[Collected data entries]
◆ ◆ ◆ ◆ ◆ ◆ ◆

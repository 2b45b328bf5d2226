-- ===== src/Protocol/Frames.antt =====
-- `ProtocolParser::parseData` and `removeClient` of server/src/protocol.cpp: the receive buffer
-- of each descriptor and the loop that cuts it into messages.
pub mod Progress
pub mod Chunks
pub mod Stream
use qt_linux_im_project.Base.{
  ℕ, zero, suc, ◌+◌, ◌<◌, [], ◌++◌, Bytes, Option, none, some, ltb, if◌then◌else◌, length, take,
  drop,
}
use qt_linux_im_project.Base.FdMap.{FdMap, lookup, insert, erase}
use qt_linux_im_project.Wire.Message.{MessageHeader, size_of_header}
use qt_linux_im_project.Wire.Message.Header.{get_header}
use qt_linux_im_project.Protocol.{validate_header}

-- What one round of the loop finds at the front of the buffer: too few bytes for a header or for
-- the body, a header that is refused, or a message with its body and the bytes behind it.
pub data Next : Type 0 where
  wait refused : Next
  frame : MessageHeader → Bytes → Bytes → Next

unfoldable pub next_frame : Bytes → Next
next_frame buffer =
    if ltb (length buffer) size_of_header
    then wait
    else let header = get_header buffer in
      let total_len = size_of_header + header.body_length in
      if validate_header header
      then if ltb (length buffer) total_len
        then wait
        else frame header (take header.body_length (drop size_of_header buffer))
            (drop total_len buffer)
      else refused

module _ {ℓ} {S : Type ℓ} (callback : MessageHeader → Bytes → S → S) where
  -- The `while` loop on the buffer and the state of the callback, with fuel.
  unfoldable pub parse_loop : ℕ → Bytes → S → Bytes × S
  parse_loop zero buffer s = (buffer, s)
  parse_loop (suc fuel) buffer s = elim (next_frame buffer) [
    | wait ↦ (buffer, s)
    | refused ↦ ([], s)
    | frame header body rest ↦ parse_loop fuel rest (callback header body s)
  ]

  -- The loop with fuel for every byte of the buffer: each round but the last takes 16 at least.
  unfoldable pub parse_buffer : Bytes → S → Bytes × S
  parse_buffer buffer s = parse_loop (length buffer) buffer s

abbrev pub or_empty : Option Bytes → Bytes
or_empty none = []
or_empty (some b) = b

-- `recvBuffers_[fd]`: a missing entry is an empty buffer.
unfoldable pub buffer_of : ℕ → FdMap Bytes → Bytes
buffer_of fd buffers = or_empty (lookup fd buffers)

module _ {ℓ} {S : Type ℓ} (callback : ℕ → MessageHeader → Bytes → S → S) where
  unfoldable pub parse_data : ℕ → Bytes → FdMap Bytes × S → FdMap Bytes × S
  parse_data fd bytes (buffers, s) =
      let (rest, s') = parse_buffer (callback fd) (buffer_of fd buffers ++ bytes) s in
      (insert fd rest buffers, s')

-- `removeClient`.
unfoldable pub remove_client : ℕ → FdMap Bytes → FdMap Bytes
remove_client fd buffers = erase fd buffers
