-- ===== src/Protocol/Frames/Progress.antt =====
-- The loop of `parseData` ends: its fuel suffices, and it stops only where it has to wait.
use qt_linux_im_project.Base.{
  ℕ, zero, suc, ◌+◌, ◌*◌, ◌≤◌, ◌<◌, ◌≡◌, refl, [], ◌∷◌, ◌++◌, Bytes, true, inl, inr, ◌⊎◌,
  if◌then◌else◌, length, length-drop, take, drop, arith, ◌==◌, ==-refl, ◌≢◌,
}
use qt_linux_im_project.Base.FdMap.{FdMap, lookup, lookup-insert}
use qt_linux_im_project.Wire.Message.{MessageHeader}
use qt_linux_im_project.Wire.Message.Header.{get_header}
use qt_linux_im_project.Protocol.{validate_header}
use qt_linux_im_project.Protocol.Frames.{
  Next, wait, refused, frame, next_frame, parse_loop, parse_buffer, buffer_of, parse_data, or_empty,
}

pub Next-cases :
    (n : Next)
    → (n ≡ wait)
      ⊎ ((n ≡ refused)
          ⊎ ((h : MessageHeader) × (body : Bytes) × (rest : Bytes) × (n ≡ frame h body rest)))
Next-cases wait = inl refl
Next-cases refused = inr (inl refl)
Next-cases (frame h body rest) = inr (inr (h, body, rest, refl))

-- A message that is cut off has a valid header, takes 16 bytes and its body, and leaves the rest.
pub next_frame-frame :
    (b : Bytes) {h : MessageHeader} {body rest : Bytes}
    → next_frame b ≡ frame h body rest
    → (h ≡ get_header b)
      × (validate_header h ≡ true)
      × (length b ≡ 16 + h.body_length + length rest)
      × (body ≡ take h.body_length (drop 16 b))
      × (rest ≡ drop (16 + h.body_length) b)
unfolding next_frame
next_frame-frame b e = ground (arith, length-drop (16 + (get_header b).body_length) b)

next_frame_shrinks :
    (b : Bytes) {h : MessageHeader} {body rest : Bytes}
    → next_frame b ≡ frame h body rest
    → length rest < length b
next_frame_shrinks b e = omega (arith, (next_frame-frame b e).2)

next_frame-nil : next_frame [] ≡ wait
unfolding next_frame
next_frame-nil = refl

-- A buffer that waits is shorter than the largest message.
pub next_frame-wait : (b : Bytes) → next_frame b ≡ wait → length b < 16 + 1024 * 1024
unfolding next_frame validate_header
next_frame-wait b e = ground arith

module _ {ℓ} {S : Type ℓ} (callback : MessageHeader → Bytes → S → S) where
  pub parse_loop-settles :
      (fuel : ℕ) (b : Bytes) (s : S)
      → length b ≤ fuel
      → next_frame (parse_loop callback fuel b s).0 ≡ wait
  unfolding parse_loop
  parse_loop-settles zero [] s h = next_frame-nil
  parse_loop-settles zero (x ∷ b) s h = absurd (omega arith)
  parse_loop-settles (suc fuel) b s h = elim (Next-cases (next_frame b)) [
    | inl e ↦ rw (e, parse_loop) e
    | inr (inl e) ↦ rw (e, parse_loop) next_frame-nil
    | inr (inr (hd, body, rest, e)) ↦
        rw (e, parse_loop)
          (parse_loop-settles fuel rest (callback hd body s)
            (omega (arith, next_frame_shrinks b e)))
  ]

  -- More fuel than there are bytes changes nothing.
  pub parse_loop-fuel :
      (f g : ℕ) (b : Bytes) (s : S)
      → length b ≤ f
      → length b ≤ g
      → parse_loop callback f b s ≡ parse_loop callback g b s
  unfolding parse_loop
  parse_loop-fuel zero zero b s p q = refl
  parse_loop-fuel zero (suc g) [] s p q = rw (next_frame-nil, parse_loop)
  parse_loop-fuel zero (suc g) (x ∷ b) s p q = absurd (omega arith)
  parse_loop-fuel (suc f) zero [] s p q = rw (next_frame-nil, parse_loop)
  parse_loop-fuel (suc f) zero (x ∷ b) s p q = absurd (omega arith)
  parse_loop-fuel (suc f) (suc g) b s p q = elim (Next-cases (next_frame b)) [
    | inl e ↦ rw (e, parse_loop)
    | inr (inl e) ↦ rw (e, parse_loop)
    | inr (inr (hd, body, rest, e)) ↦
        rw (e, parse_loop)
          (parse_loop-fuel f g rest (callback hd body s) (omega (arith, next_frame_shrinks b e))
            (omega (arith, next_frame_shrinks b e)))
  ]

  -- One round of the loop.
  pub parse_buffer-frame :
      (b : Bytes) (s : S) {h : MessageHeader} {body rest : Bytes}
      → next_frame b ≡ frame h body rest
      → parse_buffer callback b s ≡ parse_buffer callback rest (callback h body s)
  unfolding parse_buffer
  parse_buffer-frame [] s e = cc next_frame-nil
  parse_buffer-frame (x ∷ b) s {h} {body} {rest} e =
      unfold parse_loop in
      rw (e, parse_loop)
        (parse_loop-fuel (length b) (length rest) rest (callback h body s)
          (omega (arith, next_frame_shrinks (x ∷ b) e)) (omega arith))

  pub parse_buffer-wait :
      (b : Bytes) (s : S) → next_frame b ≡ wait → parse_buffer callback b s ≡ (b, s)
  unfolding parse_buffer parse_loop
  parse_buffer-wait [] s e = refl
  parse_buffer-wait (x ∷ b) s e = rw (e, parse_loop)

  pub parse_buffer-refused :
      (b : Bytes) (s : S) → next_frame b ≡ refused → parse_buffer callback b s ≡ ([], s)
  unfolding parse_buffer parse_loop
  parse_buffer-refused [] s e = cc
  parse_buffer-refused (x ∷ b) s e = rw (e, parse_loop)

module _ {ℓ} {S : Type ℓ} (callback : ℕ → MessageHeader → Bytes → S → S) where
  pub buffer_of-parse_data :
      (fd j : ℕ) (bytes : Bytes) (buffers : FdMap Bytes) (s : S)
      → buffer_of j (parse_data callback fd bytes (buffers, s)).0 ≡ (
          if fd == j
          then (parse_buffer (callback fd) (buffer_of fd buffers ++ bytes) s).0
          else buffer_of j buffers)
  unfolding parse_data buffer_of
  buffer_of-parse_data fd j bytes buffers s = ground (
    arith,
    lookup-insert fd j (parse_buffer (callback fd) (or_empty (lookup fd buffers) ++ bytes) s).0
        buffers,
  )

  -- After every call of `parseData`, whatever bytes came in and whatever the callback did, the
  -- descriptor's buffer holds no complete message and no refused header, and it is shorter than
  -- the largest message (16 bytes and a body of 1 MiB).
  pub parse_data-settles :
      (fd : ℕ) (bytes : Bytes) (buffers : FdMap Bytes) (s : S)
      → (next_frame (buffer_of fd (parse_data callback fd bytes (buffers, s)).0) ≡ wait)
        × (length (buffer_of fd (parse_data callback fd bytes (buffers, s)).0) < 16 + 1024 * 1024)
  parse_data-settles fd bytes buffers s = (settled, next_frame-wait _ settled)
    where
      settled : next_frame (buffer_of fd (parse_data callback fd bytes (buffers, s)).0) ≡ wait
      settled =
          rw (buffer_of-parse_data fd fd bytes buffers s, ==-refl fd)
            (unfold parse_buffer in parse_loop-settles (callback fd) _ _ s (omega arith))

  -- `parseData` on one descriptor leaves the buffers of the others as they were.
  pub parse_data_other :
      (fd j : ℕ) (bytes : Bytes) (buffers : FdMap Bytes) (s : S)
      → j ≢ fd
      → buffer_of j (parse_data callback fd bytes (buffers, s)).0 ≡ buffer_of j buffers
  parse_data_other fd j bytes buffers s ne =
      ground (arith, buffer_of-parse_data fd j bytes buffers s)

◆ ◆ ◆ ◆ ◆ ◆ ◆

Begin with the line containing "parse_data-settles fd bytes" and retype it and each line after it through the end of the records, keeping them exact and including nothing more.

  parse_data-settles fd bytes buffers s = (settled, next_frame-wait _ settled)
    where
      settled : next_frame (buffer_of fd (parse_data callback fd bytes (buffers, s)).0) ≡ wait
      settled =
          rw (buffer_of-parse_data fd fd bytes buffers s, ==-refl fd)
            (unfold parse_buffer in parse_loop-settles (callback fd) _ _ s (omega arith))

  -- `parseData` on one descriptor leaves the buffers of the others as they were.
  pub parse_data_other :
      (fd j : ℕ) (bytes : Bytes) (buffers : FdMap Bytes) (s : S)
      → j ≢ fd
      → buffer_of j (parse_data callback fd bytes (buffers, s)).0 ≡ buffer_of j buffers
  parse_data_other fd j bytes buffers s ne =
      ground (arith, buffer_of-parse_data fd j bytes buffers s)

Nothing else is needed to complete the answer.